> _Directions for this task_
Word for word, transcribe the records that follow.

> _Dataset excerpts_
_ _ _ _

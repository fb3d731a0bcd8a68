-- ===== src/Store/Budget/Counts.antt =====
-- What a write of a settlement or a release does to one bucket, and to one reservation.
use scrum_jail_governance_pl.Base.{
  ℕ, ◌+◌, ◌<◌, String, ◌==◌, true, false, ◌≡◌, refl, Option, none, some, arith, ap, eq_iff,
  if◌then◌else◌, Option-cases, inl, inr,
}
use scrum_jail_governance_pl.Base.Table.{select}
use scrum_jail_governance_pl.Base.Table.Laws.{select-update, select_sound}
use scrum_jail_governance_pl.Store.Schema.{Store, BudgetBucket, BudgetReservation, ReservationState}
use scrum_jail_governance_pl.Store.Budget.{
  bucket, by_reservation_id, set_reservation, change_bucket, charge, given_back,
}
use scrum_jail_governance_pl.Store.Budget.Buckets.{same_key, in_bucket_key}
use scrum_jail_governance_pl.Store.Budget.Held.{reserved_in, limit_in}
use scrum_jail_governance_pl.Store.Budget.Release.{given_back-moved}
use scrum_jail_governance_pl.Store.Budget.Settle.{charge-moved}

abbrev pub consumed_in : Option BudgetBucket → ℕ
consumed_in none = 0
consumed_in (some row) = row.consumed_tokens

module _ (scope subject epoch scope' subject' epoch' : String) (tokens consumed : ℕ)
    (s : Store) where
  pub consumed-charge :
      (same_key scope subject epoch scope' subject' epoch' ≡ true
        → 0 < reserved_in (bucket scope subject epoch s))
      → consumed_in (
          bucket scope subject epoch
            (change_bucket scope' subject' epoch' (charge tokens consumed) s))
        ≡ consumed_in (bucket scope subject epoch s)
          + (if same_key scope subject epoch scope' subject' epoch' then consumed else 0)
  consumed-charge there = elim (Option-cases (bucket scope subject epoch s)) [
    | inl e ↦
        ground (arith, charge-moved scope subject epoch scope' subject' epoch' tokens consumed s)
    | inr (b, e) ↦ ground (
      arith,
      charge-moved scope subject epoch scope' subject' epoch' tokens consumed s,
      in_bucket_key scope subject epoch scope' subject' epoch' b (select_sound _ s.buckets e),
    )
  ]

  pub limit-charge :
      limit_in (
        bucket scope subject epoch
          (change_bucket scope' subject' epoch' (charge tokens consumed) s))
      ≡ limit_in (bucket scope subject epoch s)
  limit-charge = elim (Option-cases (bucket scope subject epoch s)) [
    | inl e ↦
        ground (arith, charge-moved scope subject epoch scope' subject' epoch' tokens consumed s)
    | inr (b, e) ↦ ground (
      arith,
      charge-moved scope subject epoch scope' subject' epoch' tokens consumed s,
      in_bucket_key scope subject epoch scope' subject' epoch' b (select_sound _ s.buckets e),
    )
  ]

module _ (scope subject epoch scope' subject' epoch' : String) (tokens : ℕ) (s : Store) where
  pub kept-given_back :
      (consumed_in (bucket scope subject epoch (given_back scope' subject' epoch' tokens s))
        ≡ consumed_in (bucket scope subject epoch s))
      × (limit_in (bucket scope subject epoch (given_back scope' subject' epoch' tokens s))
          ≡ limit_in (bucket scope subject epoch s))
  kept-given_back = elim (Option-cases (bucket scope subject epoch s)) [
    | inl e ↦ ground (arith, given_back-moved scope subject epoch scope' subject' epoch' tokens s)
    | inr (b, e) ↦ ground (
      arith,
      given_back-moved scope subject epoch scope' subject' epoch' tokens s,
      in_bucket_key scope subject epoch scope' subject' epoch' b (select_sound _ s.buckets e),
    )
  ]

module _ (id : String) (state : ReservationState) (s : Store) where
  pub marked-set_reservation :
      (r : BudgetReservation)
      → select (by_reservation_id id) s.reservations ≡ some r
      → select (by_reservation_id id) (set_reservation id state s).reservations
        ≡ some (record r { state = state })
  marked-set_reservation r e = ground (
    arith,
    e,
    select_sound (by_reservation_id id) s.reservations e,
    select-update (by_reservation_id id) (by_reservation_id id)
        (λ (row : BudgetReservation). record row { state = state }) s.reservations (λ x h. refl),
  )

  pub others-set_reservation :
      (other : String)
      → (other == id) ≡ false
      → select (by_reservation_id other) (set_reservation id state s).reservations
        ≡ select (by_reservation_id other) s.reservations
  others-set_reservation other apart =
      elim (Option-cases (select (by_reservation_id other) s.reservations)) [
        | inl e ↦ ground (
          arith,
          select-update (by_reservation_id other) (by_reservation_id id)
              (λ (row : BudgetReservation). record row { state = state }) s.reservations
              (λ x h. refl),
        )
        | inr (r, e) ↦ ground (
          arith,
          apart,
          ap (λ k. k == id)
              ((eq_iff r.reservation_id other).0
                (select_sound (by_reservation_id other) s.reservations e)),
          select-update (by_reservation_id other) (by_reservation_id id)
              (λ (row : BudgetReservation). record row { state = state }) s.reservations
              (λ x h. refl),
        )
      ]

_ _ _ _

> _Solution_
repository fb3d731a0bcd8a68
-- ===== src/Store/Budget/Counts.antt =====
-- What a write of a settlement or a release does to one bucket, and to one reservation.
use scrum_jail_governance_pl.Base.{
  ℕ, ◌+◌, ◌<◌, String, ◌==◌, true, false, ◌≡◌, refl, Option, none, some, arith, ap, eq_iff,
  if◌then◌else◌, Option-cases, inl, inr,
}
use scrum_jail_governance_pl.Base.Table.{select}
use scrum_jail_governance_pl.Base.Table.Laws.{select-update, select_sound}
use scrum_jail_governance_pl.Store.Schema.{Store, BudgetBucket, BudgetReservation, ReservationState}
use scrum_jail_governance_pl.Store.Budget.{
  bucket, by_reservation_id, set_reservation, change_bucket, charge, given_back,
}
use scrum_jail_governance_pl.Store.Budget.Buckets.{same_key, in_bucket_key}
use scrum_jail_governance_pl.Store.Budget.Held.{reserved_in, limit_in}
use scrum_jail_governance_pl.Store.Budget.Release.{given_back-moved}
use scrum_jail_governance_pl.Store.Budget.Settle.{charge-moved}

abbrev pub consumed_in : Option BudgetBucket → ℕ
consumed_in none = 0
consumed_in (some row) = row.consumed_tokens

module _ (scope subject epoch scope' subject' epoch' : String) (tokens consumed : ℕ)
    (s : Store) where
  pub consumed-charge :
      (same_key scope subject epoch scope' subject' epoch' ≡ true
        → 0 < reserved_in (bucket scope subject epoch s))
      → consumed_in (
          bucket scope subject epoch
            (change_bucket scope' subject' epoch' (charge tokens consumed) s))
        ≡ consumed_in (bucket scope subject epoch s)
          + (if same_key scope subject epoch scope' subject' epoch' then consumed else 0)
  consumed-charge there = elim (Option-cases (bucket scope subject epoch s)) [
    | inl e ↦
        ground (arith, charge-moved scope subject epoch scope' subject' epoch' tokens consumed s)
    | inr (b, e) ↦ ground (
      arith,
      charge-moved scope subject epoch scope' subject' epoch' tokens consumed s,
      in_bucket_key scope subject epoch scope' subject' epoch' b (select_sound _ s.buckets e),
    )
  ]

  pub limit-charge :
      limit_in (
        bucket scope subject epoch
          (change_bucket scope' subject' epoch' (charge tokens consumed) s))
      ≡ limit_in (bucket scope subject epoch s)
  limit-charge = elim (Option-cases (bucket scope subject epoch s)) [
    | inl e ↦
        ground (arith, charge-moved scope subject epoch scope' subject' epoch' tokens consumed s)
    | inr (b, e) ↦ ground (
      arith,
      charge-moved scope subject epoch scope' subject' epoch' tokens consumed s,
      in_bucket_key scope subject epoch scope' subject' epoch' b (select_sound _ s.buckets e),
    )
  ]

module _ (scope subject epoch scope' subject' epoch' : String) (tokens : ℕ) (s : Store) where
  pub kept-given_back :
      (consumed_in (bucket scope subject epoch (given_back scope' subject' epoch' tokens s))
        ≡ consumed_in (bucket scope subject epoch s))
      × (limit_in (bucket scope subject epoch (given_back scope' subject' epoch' tokens s))
          ≡ limit_in (bucket scope subject epoch s))
  kept-given_back = elim (Option-cases (bucket scope subject epoch s)) [
    | inl e ↦ ground (arith, given_back-moved scope subject epoch scope' subject' epoch' tokens s)
    | inr (b, e) ↦ ground (
      arith,
      given_back-moved scope subject epoch scope' subject' epoch' tokens s,
      in_bucket_key scope subject epoch scope' subject' epoch' b (select_sound _ s.buckets e),
    )
  ]

module _ (id : String) (state : ReservationState) (s : Store) where
  pub marked-set_reservation :
      (r : BudgetReservation)
      → select (by_reservation_id id) s.reservations ≡ some r
      → select (by_reservation_id id) (set_reservation id state s).reservations
        ≡ some (record r { state = state })
  marked-set_reservation r e = ground (
    arith,
    e,
    select_sound (by_reservation_id id) s.reservations e,
    select-update (by_reservation_id id) (by_reservation_id id)
        (λ (row : BudgetReservation). record row { state = state }) s.reservations (λ x h. refl),
  )

  pub others-set_reservation :
      (other : String)
      → (other == id) ≡ false
      → select (by_reservation_id other) (set_reservation id state s).reservations
        ≡ select (by_reservation_id other) s.reservations
  others-set_reservation other apart =
      elim (Option-cases (select (by_reservation_id other) s.reservations)) [
        | inl e ↦ ground (
          arith,
          select-update (by_reservation_id other) (by_reservation_id id)
              (λ (row : BudgetReservation). record row { state = state }) s.reservations
              (λ x h. refl),
        )
        | inr (r, e) ↦ ground (
          arith,
          apart,
          ap (λ k. k == id)
              ((eq_iff r.reservation_id other).0
                (select_sound (by_reservation_id other) s.reservations e)),
          select-update (by_reservation_id other) (by_reservation_id id)
              (λ (row : BudgetReservation). record row { state = state }) s.reservations
              (λ x h. refl),
        )
      ]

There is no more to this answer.